Ç/N: Tamamlamanın gerçekleştiği yer. Gerdek gecesi.

               Ne. Sikimden. Bahsediyorsun!!!

               Mo Ran anında donakalmıştı.

               Ve neredeyse bir ağız dolusu kan tükürecekti!

               Bu nasıl bir şakaydı, Chu Wanning’le bir araya gelmeye cesaret ederse, bu düğün gerçekten lanet bir hayalet düğüne dönüşürdü! Elbette deyişe göre, biri şakayık çiçeğinin* altında ölürse, hayalet olsa dahi çekici olurdu ama bu yaşamda istediği… hayır bekleyin, her iki yaşamda da erdemli Shi Mei’i istemişti, bu ona gıpta eden herkesi bağlayıp çamurlu bir gölete atacak soğukkanlı iblis Chu Wanning’i değil!!

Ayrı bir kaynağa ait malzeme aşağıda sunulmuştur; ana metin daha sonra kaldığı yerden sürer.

-- ===== src/Frtk/Field/Tests.antt =====
-- Runs of native/host/frtk_field_schema.cpp, and the theorems at them.
use cfb27_lua_hook.Prelude.{
  ℕ, ◌*◌, ◌/◌, ◌%◌, ◌^◌, ◌≤◌, ◌<◌, ◌≡◌, refl, ◌↔◌, ◌⊎◌, none, some, List, [], ◌∷◌, arith, length,
  get_or,
}
use cfb27_lua_hook.Prelude.Int.{pos, negsuc, ◌+ℤ◌, ◌-ℤ◌}
use cfb27_lua_hook.Prelude.Bits.{replace_bits}
use cfb27_lua_hook.Frtk.Field.{
  signed, packed_reference, FieldDefinition, integer, reference, ok, encode_packed_reference,
  decode_packed_reference, validate_definition, numeric_value, decode_raw, decode_field,
  encode_field,
}
use cfb27_lua_hook.Frtk.Field.Storage.{read_storage, store}
use cfb27_lua_hook.Frtk.Field.Valid.{IsValid}
use cfb27_lua_hook.Frtk.Field.Legal.{IsEncodable, encode_field_iff}
use cfb27_lua_hook.Frtk.Field.Raw.{decode-encode_packed_reference}
use cfb27_lua_hook.Frtk.Field.RoundTrip.{decode-encode_field, encode_field-frame}

-- Five signed bits in the middle of the second and third byte.
abbrev five_bits : FieldDefinition
five_bits = record {
  name = [];
  encoding = signed;
  byte_offset = 1;
  storage_bytes = 2;
  bit_offset = 6;
  bit_width = 5;
  minimum = negsuc 15;
  maximum = pos 15;
  reference_table_id = none;
}

abbrev link : FieldDefinition
link = record {
  name = [];
  encoding = packed_reference;
  byte_offset = 0;
  storage_bytes = 4;
  bit_offset = 0;
  bit_width = 32;
  minimum = pos 0;
  maximum = pos 0xFFFFFFFF;
  reference_table_id = some 4168;
}

abbrev bytes : List ℕ
bytes = 255 ∷ 254 ∷ 253 ∷ 252 ∷ []

abbrev changed : List ℕ
changed = 255 ∷ 252 ∷ 125 ∷ 252 ∷ []

field_runs : ℕ
unfolding validate_definition read_storage store replace_bits decode_raw decode_field numeric_value
    encode_field ◌-ℤ◌ ◌+ℤ◌
field_runs = 0

-- 254, 253 is 11111110 11111101; the bits 10 111 in the middle become 10111 for -9.
encoded_test : encode_field bytes five_bits (integer (negsuc 8)) ≡ ok (255 ∷ 254 ∷ 253 ∷ 252 ∷ [])
unfolding field_runs
encoded_test = refl

encoded_three : encode_field bytes five_bits (integer (pos 3)) ≡ ok changed
unfolding field_runs
encoded_three = refl

link_test :
    decode_field (0x20 ∷ 0x90 ∷ 0 ∷ 5 ∷ []) link
    ≡ ok (reference (record { table_id = 4168; row_index = 5 }))
unfolding field_runs
link_test = refl

decode-encode_field_example : decode_field changed five_bits ≡ ok (integer (pos 3))
decode-encode_field_example =
    decode-encode_field bytes changed five_bits (integer (pos 3)) (omega arith) encoded_three

encode_field-frame_example :
    (length changed ≡ length bytes)
    × ((i : ℕ) → (i < 1) ⊎ (3 ≤ i) → get_or changed i 0 ≡ get_or bytes i 0)
    × (read_storage changed 1 2 % 2 ^ 5 ≡ read_storage bytes 1 2 % 2 ^ 5)
    × (read_storage changed 1 2 / (2 ^ 5 * 2 ^ 5) ≡ read_storage bytes 1 2 / (2 ^ 5 * 2 ^ 5))
encode_field-frame_example =
    encode_field-frame bytes changed five_bits (integer (pos 3)) (omega arith) encoded_three

encode_field_iff_example :
    ((bytes' : List ℕ) × (encode_field bytes five_bits (integer (negsuc 15)) ≡ ok bytes'))
    ↔ (IsValid (length bytes) five_bits × IsEncodable five_bits (integer (negsuc 15)))
encode_field_iff_example = encode_field_iff bytes five_bits (integer (negsuc 15))

decode-encode_packed_reference_example :
    (0x20900005 < 2 ^ 32)
    × (decode_packed_reference 0x20900005 ≡ ok (record { table_id = 4168; row_index = 5 }))
unfolding encode_packed_reference
decode-encode_packed_reference_example =
    decode-encode_packed_reference (record { table_id = 4168; row_index = 5 }) 0x20900005 refl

               Evlilikten kaçmak için çok mu geçti?

Ç/N: Güzel bir kadın için metafor.

               Yazarın Notları:

               Oh, düğün mısraları hakkında, başlangıçta geleneksel olanları aramayı planlamıştım ancak derinlemesine bir şey bulamadım. Ayrıca hayalet düğünler normal düğünlerle aynı şekilde yapılmadığından sözler de farklı olmalı. Eleştirmenler lütfen bu konuyu çok fazla eleştirmeyin.

               Ayrıca şarkı sözlerine kasıtlı olarak birkaç detay eklenmiştir. Tüm hikâye güncellendikten sonra, ilgilenenleriniz buraya geri gelip tekrar ziyaret edebilir. Bu düğün mısralarının tamamen anlamsız olmadığını anlayacaksınız, daha derin anlamları var.

               Kaçar. Bakın, gelin odası zamanı, bok yerken canlı yayın yapmak zorunda değilim!